Problem requirements: From the line that contains "unfolding exit_findings" down to the last line of the data below, transcribe every line exactly.

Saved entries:

====

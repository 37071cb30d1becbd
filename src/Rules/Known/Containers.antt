-- ===== src/Rules/Known/Containers.antt =====
-- Every finding of the rules on containers, and of those on a command that was run to reproduce a failure.
use devdiag.Base.Number.{negsuc, pos, ℤ}
use devdiag.Rules.Containers.{compose_status_rules, service_loop, podman_rules, docker_rules}
use devdiag.Rules.Repro.{ReproState, repro_rules, exit_findings, repro_loop, classified}
use devdiag.Rules.Repro.{repro_step}
use devdiag.Base.{
  none, some, some, Option, zero, suc, String, List, [], ◌∷◌, Bool, refl, arith, all,
}
use devdiag.Schema.{CollectorResult, Finding, Evidence}
use devdiag.Rules.Known.{known, branch, ◌and◌, one_known, more_known, none_known, AreKnown, IsKnown}
use devdiag.Rules.Known.Single.{
  inspect_service_template, up_hints, suggest_docker_group_template, container_ids, repro_ids,
}

pub docker-AreKnown :
    (r : CollectorResult) (all : List CollectorResult) → AreKnown (docker_rules r all)
unfolding docker_rules
docker-AreKnown r all =
    branch _
      (branch _ (one_known (known _ container_ids.1.0 suggest_docker_group_template))
        (one_known (known _ container_ids.0 suggest_docker_group_template)))
      none_known
    and branch _ (one_known (known _ container_ids.1.1.0 refl)) none_known

pub podman-AreKnown : (r : CollectorResult) → AreKnown (podman_rules r)
unfolding podman_rules
podman-AreKnown r = branch _ (one_known (known _ container_ids.1.1.1.0 refl)) none_known

service-AreKnown :
    (suffix : String) (test : String → Bool) (report : String → Evidence → Finding)
    (evs : List Evidence)
    → ((name : String) (ev : Evidence) → IsKnown (report name ev))
    → AreKnown (service_loop suffix test report evs)
unfolding service_loop
service-AreKnown suffix test report [] h = none_known
service-AreKnown suffix test report (ev ∷ evs) h =
    let rest = service-AreKnown suffix test report evs h in branch _ (more_known (h _ ev) rest) rest

pub compose_status-AreKnown : (r : CollectorResult) → AreKnown (compose_status_rules r)
unfolding compose_status_rules
compose_status-AreKnown r =
    service-AreKnown _ _ _ r.evidence (λ name ev. known _ container_ids.1.1.1.1.0 up_hints)
    and (service-AreKnown _ _ _ r.evidence
          (λ name ev. known _ container_ids.1.1.1.1.0 inspect_service_template)
        and service-AreKnown _ _ _ r.evidence (λ name ev. known _ container_ids.1.1.1.1.1.0 refl))

classified-AreKnown : (ev : Evidence) → AreKnown (classified ev)
unfolding classified
classified-AreKnown ev =
    let rest = repro_ids.1 in
    branch _ (one_known (known _ rest.0 refl)) (
      branch _ (one_known (known _ rest.1.0 refl)) (
        branch _ (one_known (known _ rest.1.1.0 refl)) (
          branch _ (one_known (known _ rest.1.1.1.0 refl)) (
            branch _ (one_known (known _ rest.1.1.1.1.0 refl)) (
              branch _ (one_known (known _ rest.1.1.1.1.1.0 refl))
                (branch _ (one_known (known _ rest.1.1.1.1.1.1.0 refl)) none_known))))))

repro_step-AreKnown :
    (s : ReproState) (ev : Evidence) → AreKnown s.found → AreKnown (repro_step s ev).found
unfolding repro_step
repro_step-AreKnown s ev h = ground (arith, h and classified-AreKnown ev)

repro_loop-AreKnown :
    (s : ReproState) (evs : List Evidence) → AreKnown s.found → AreKnown (repro_loop s evs).found
unfolding repro_loop
repro_loop-AreKnown s [] h = h
repro_loop-AreKnown s (ev ∷ evs) h =
    repro_loop-AreKnown (repro_step s ev) evs (repro_step-AreKnown s ev h)

exit-AreKnown : (n : Option ℤ) (evs : List Evidence) → AreKnown (exit_findings n evs)
unfolding exit_findings
exit-AreKnown none evs = none_known
exit-AreKnown (some (pos zero)) evs = none_known
exit-AreKnown (some (pos (suc n))) evs = one_known (known _ repro_ids.0 refl)
exit-AreKnown (some (negsuc n)) evs = one_known (known _ repro_ids.0 refl)

pub repro-AreKnown : (r : CollectorResult) → AreKnown (repro_rules r)
unfolding repro_rules
repro-AreKnown r = branch _ (one_known (known _ repro_ids.1.1.1.1.1.1.1.1.0 refl)) (
    repro_loop-AreKnown _ r.evidence none_known
    and branch _ none_known (exit-AreKnown _ r.evidence))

====

Answer for this exercise:
unfolding exit_findings
exit-AreKnown none evs = none_known
exit-AreKnown (some (pos zero)) evs = none_known
exit-AreKnown (some (pos (suc n))) evs = one_known (known _ repro_ids.0 refl)
exit-AreKnown (some (negsuc n)) evs = one_known (known _ repro_ids.0 refl)

pub repro-AreKnown : (r : CollectorResult) → AreKnown (repro_rules r)
unfolding repro_rules
repro-AreKnown r = branch _ (one_known (known _ repro_ids.1.1.1.1.1.1.1.1.0 refl)) (
    repro_loop-AreKnown _ r.evidence none_known
    and branch _ none_known (exit-AreKnown _ r.evidence))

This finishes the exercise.